Indexed on: 31 Jul '07Published on: 31 Jul '07Published in: Journal of Molecular Biology



Abstract

Flaviviral NS3 is a multifunctional protein displaying N-terminal protease activity in addition to C-terminal helicase, nucleoside 5'-triphosphatase (NTPase), and 5'-terminal RNA triphosphatase (RTPase) activities. NS3 is held to support the separation of RNA daughter and template strands during viral replication. In addition, NS3 assists the initiation of replication by unwinding the RNA secondary structure in the 3' non-translated region (NTR). We report here the three-dimensional structure (at 3.1 A resolution) of the NS3 helicase domain (residues 186-619; NS3:186-619) from Kunjin virus, an Australian variant of the West Nile virus. As for homologous helicases, NS3:186-619 is composed of three domains, two of which are structurally related and held to host the NTPase and RTPase active sites. The third domain (C-terminal) is involved in RNA binding/recognition. The NS3:186-619 construct occurs as a dimer in solution and in the crystals. We show that NS3:186-619 displays both ATPase and RTPase activities, that it can unwind a double-stranded RNA substrate, being however inactive on a double-stranded DNA substrate.

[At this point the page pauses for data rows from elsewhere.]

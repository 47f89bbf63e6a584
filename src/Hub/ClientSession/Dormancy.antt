-- ===== src/Hub/ClientSession/Dormancy.antt =====
-- Routing through a session: an opened channel, and a flapping agent.
use can_hub.Protocol.Subscribe.{CanFilter}
use can_hub.Base.{
  ℕ, ◌<◌, ◌≡◌, refl, ◌∙◌, inl, inr, Bool, true, false, List, [], ◌∷◌, Option, none, some, arith,
  ◌==◌, if◌then◌else◌, length, get_or, take, Text, str_eq_refl, count, find-set-false, find-set-hit,
  find-none_of_count, update_where, get_or-update_where, length-update_where, find_index_complete,
  Bool-cases,
}
use can_hub.Hub.ClientSession.{
  ClientSession, ChannelBinding, ChannelOpenRequest, blank, on_channel, live_on, routes_from, reset,
  open_interface, fill_binding, close_channel, set_filters, detach_interface, reattach_interface,
  take_reliable_binding, reattaches, interface_for_channel, channel_for_interface,
}
use can_hub.Hub.ClientSession.Invariant.{
  IsValid, Opened, full, bound, open_interface-Opened, open_interface-IsValid,
  close_channel-IsValid, set_filters-IsValid, take_reliable_binding-IsValid,
  detach_interface-IsValid, reattach_interface-IsValid, reset-IsValid,
}

-- The routes of a session after an open: the new channel leads to the interface, every other
-- channel where it led before.
abbrev RoutesAdded : ClientSession → ChannelOpenRequest → Option ℕ × ClientSession → ℕ → Type 0
RoutesAdded s request r c = interface_for_channel r.1 c ≡ (elim r.0 [
  | none ↦ interface_for_channel s c
  | some channel ↦ if c == channel then some request.interface_id else interface_for_channel s c
])

none_routed :
    (c : ℕ) (bs : List ChannelBinding) → count (on_channel c) bs ≡ 0 → count (routes_from c) bs ≡ 0
none_routed c [] h = refl
none_routed c (b ∷ bs) h = ground (arith, none_routed c bs)

Opened-RoutesAdded :
    {s : ClientSession} {request : ChannelOpenRequest} {r : Option ℕ × ClientSession}
    → IsValid s
    → Opened s request r
    → (c : ℕ) → RoutesAdded s request r c
unfolding interface_for_channel fill_binding
Opened-RoutesAdded v (full busy) c = refl
Opened-RoutesAdded {s} {request} v (bound slot channel inside unused low fresh) c =
    let b = fill_binding (get_or s.bindings slot blank) request channel in
    elim (Bool-cases (c == channel)) [
      | inl same ↦ rw (
        same,
        find-set-hit (routes_from c) s.bindings slot b (omega (arith, v.sized))
            (none_routed c s.bindings (ground (arith, same, fresh))) (ground (arith, same)),
      )
      | inr other ↦ rw (
        other,
        find-set-false (routes_from c) s.bindings slot b blank (ground (arith, unused))
            (ground (arith, other)),
      )
    ]

-- In a valid session, after `ClientSession_OpenInterface` the channel that it returns leads to the
-- interface asked for, and every other channel leads where it led before; if it returns none, all
-- channels lead where they led before.
pub open_interface_routes :
    (s : ClientSession) (request : ChannelOpenRequest) (c : ℕ)
    → IsValid s
    → RoutesAdded s request (open_interface s request) c
open_interface_routes s request c v = Opened-RoutesAdded v (open_interface-Opened s request v) c

module _ (s : ClientSession) (agent_name interface_name : Text) (old new : ℕ) (writes : Bool)
    (i : ℕ) where
  abbrev held : ChannelBinding
  held = get_or s.bindings i blank

  -- When the interface of a live binding is detached and the interface of the same agent and name
  -- is reattached, the reattaching reports a binding, and the binding is live under the new
  -- interface id and the new permission to write, and otherwise as it was.
  pub reattach-detach :
      i < length s.bindings
      → live_on old held ≡ true
      → held.agent_name ≡ agent_name
      → held.interface_name ≡ interface_name
      → let again =
          reattach_interface (detach_interface s old) agent_name interface_name new writes in
        (get_or again.1.bindings i blank
          ≡ record held { interface_id = new; can_write = writes; dormant = false })
        × (again.0 ≡ true)
  unfolding reattach_interface detach_interface
  reattach-detach inside live agent interface =
      let sleep = λ (b : ChannelBinding). record b { dormant = true } in
      let asleep = update_where (live_on old) sleep s.bindings in
      let len = length-update_where (live_on old) sleep s.bindings in
      let is_asleep : get_or asleep i blank ≡ record held { dormant = true } =
        get_or-update_where (live_on old) sleep s.bindings i blank inside ∙ rw live in
      let matches : reattaches agent_name interface_name (get_or asleep i blank) ≡ true =
        rw
          (
            is_asleep,
            agent,
            interface,
            str_eq_refl (take 128 agent_name),
            str_eq_refl (take 16 interface_name),
          )
          (ground (arith, live)) in
      let (j, found, low) =
        find_index_complete (reattaches agent_name interface_name) asleep blank i
          (omega (arith, len)) matches in
      (
        get_or-update_where (reattaches agent_name interface_name) _ asleep i blank
              (omega (arith, len))
            ∙ rw (matches, is_asleep),
        rw found,
      )

detached_none :
    (interface_id : ℕ) (bs : List ChannelBinding)
    → count
        (live_on interface_id)
        (update_where (live_on interface_id) (λ b. record b { dormant = true }) bs)
      ≡ 0
detached_none interface_id [] = refl
detached_none interface_id (b ∷ bs) = ground (arith, detached_none interface_id bs)

-- After an interface is detached no channel is found for it.
detach_interface_routes :
    (s : ClientSession) (interface_id : ℕ)
    → channel_for_interface (detach_interface s interface_id) interface_id ≡ none
unfolding channel_for_interface detach_interface
detach_interface_routes s interface_id =
    rw (find-none_of_count (live_on interface_id) _ (detached_none interface_id s.bindings))

-- The calls that change a session.
pub data Step (s : ClientSession) : ClientSession → Type 0 where
  opening : (request : ChannelOpenRequest) → Step s (open_interface s request).1
  closing : (channel : ℕ) → Step s (close_channel s channel)
  filtering :
      (channel n : ℕ) (filters : List CanFilter) → Step s (set_filters s channel filters n).1
  taking : Step s (take_reliable_binding s).1
  detaching : (interface_id : ℕ) → Step s (detach_interface s interface_id)
  reattaching :
      (agent_name interface_name : Text) (interface_id : ℕ) (can_write : Bool)
      → Step s (reattach_interface s agent_name interface_name interface_id can_write).1

pub data Reach (s : ClientSession) : ClientSession → Type 0 where
  here : Reach s s
  next : {t u : ClientSession} → Reach s t → Step t u → Reach s u

Step-IsValid : {s t : ClientSession} → Step s t → IsValid s → IsValid t
Step-IsValid (opening request) v = open_interface-IsValid v request
Step-IsValid (closing channel) v = close_channel-IsValid v channel
Step-IsValid (filtering channel n filters) v = set_filters-IsValid v channel n filters
Step-IsValid taking v = take_reliable_binding-IsValid v
Step-IsValid (detaching interface_id) v = detach_interface-IsValid v interface_id
Step-IsValid (reattaching agent_name interface_name interface_id can_write) v =
    reattach_interface-IsValid v agent_name interface_name interface_id can_write

-- In every session that the calls can reach from an empty one there are 32 bindings, and no two
-- bindings in use share a channel.
pub reachable-IsValid : {s : ClientSession} → Reach reset s → IsValid s
reachable-IsValid here = reset-IsValid
reachable-IsValid (next r step) = Step-IsValid step (reachable-IsValid r)
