-- ===== src/Hub/ClientSession/Tests.antt =====
-- A session with one interface open on channel 0.
use can_hub.Base.{
  ◌≡◌, refl, true, false, [], ◌∷◌, none, some, arith, ◌==◌, if◌then◌else◌, get_or, find_index, find,
  find_from, Text,
}
use can_hub.Hub.ClientSession.{
  ClientSession, ChannelOpenRequest, blank, reset, open_interface, find_free, find_by_channel,
  allocate_channel, allocate_from, interface_for_channel, channel_for_interface, detach_interface,
  reattach_interface, can_write, channel_reliable, holds_channels, holds_reliable,
  binding_for_channel, next_binding_for_interface, channel_accepts, set_filters,
  take_reliable_binding, matches_filter,
}
use can_hub.Hub.ClientSession.Invariant.{IsValid, reset-IsValid}
use can_hub.Hub.ClientSession.Dormancy.{
  here, next, opening, reachable-IsValid, open_interface_routes, reattach-detach,
}

abbrev truck : Text
truck = b't' ∷ b'r' ∷ []

abbrev can0 : Text
can0 = b'c' ∷ b'0' ∷ []

abbrev request : ChannelOpenRequest
request = record {
  interface_id = 9;
  suppress_echo = true;
  can_write = true;
  reliable = false;
  error_frames = false;
  agent_name = truck;
  interface_name = can0;
}

opened : ClientSession
opened = (open_interface reset request).1

reachable-IsValid_example : IsValid opened
unfolding opened
reachable-IsValid_example = reachable-IsValid (next here (opening request))

opened_runs : (interface_for_channel opened 0 ≡ some 9) × (channel_for_interface opened 9 ≡ some 0)
unfolding opened open_interface reset find_free find_index allocate_channel allocate_from
    find_by_channel interface_for_channel channel_for_interface find
opened_runs = (refl, refl)

open_interface_routes_example :
    interface_for_channel (open_interface reset request).1 0
    ≡ (elim (open_interface reset request).0 [
      | none ↦ interface_for_channel reset 0
      | some channel ↦ if 0 == channel then some 9 else interface_for_channel reset 0
    ])
open_interface_routes_example = open_interface_routes reset request 0 reset-IsValid

reattach-detach_example :
    (get_or (reattach_interface (detach_interface opened 9) truck can0 21 false).1.bindings 0 blank
      ≡ record (get_or opened.bindings 0 blank) {
        interface_id = 21;
        can_write = false;
        dormant = false;
      })
    × ((reattach_interface (detach_interface opened 9) truck can0 21 false).0 ≡ true)
unfolding opened open_interface reset find_free find_index allocate_channel allocate_from
    find_by_channel
reattach-detach_example =
    reattach-detach opened truck can0 9 21 false 0 (omega arith) refl refl refl

-- A reader and a writer of the bus, and a filter that one of them sets.
opened_reads :
    (can_write opened 0 ≡ true)
    × (channel_reliable opened 0 ≡ false)
    × (holds_channels opened ≡ true)
    × (holds_reliable opened 9 ≡ false)
    × (binding_for_channel opened 0 ≡ some 0)
    × (next_binding_for_interface opened 9 0 ≡ (some 0, 1))
    × (channel_accepts opened 0 0x123 ≡ true)
    × (channel_accepts
          (set_filters opened 0 (record { can_id = 0x100; can_mask = 0x700 } ∷ []) 1).1
          0
          0x223
        ≡ false)
    × ((take_reliable_binding opened).0 ≡ none)
unfolding opened open_interface reset find_free find_index allocate_channel allocate_from
    find_by_channel find can_write channel_reliable holds_channels holds_reliable
    binding_for_channel next_binding_for_interface find_from channel_accepts matches_filter
    set_filters take_reliable_binding
opened_reads = (refl, refl, refl, refl, refl, refl, refl, refl, refl)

Analysis of different constructs shows that full length NS3 displays increased helicase activity, suggesting that the protease domain plays an assisting role in the RNA unwinding process. The structural interaction between the helicase and protease domain has been assessed using small angle X-ray scattering on full length NS3, disclosing that the protease and helicase domains build a rather elongated molecular assembly differing from that observed in the NS3 protein from hepatitis C virus.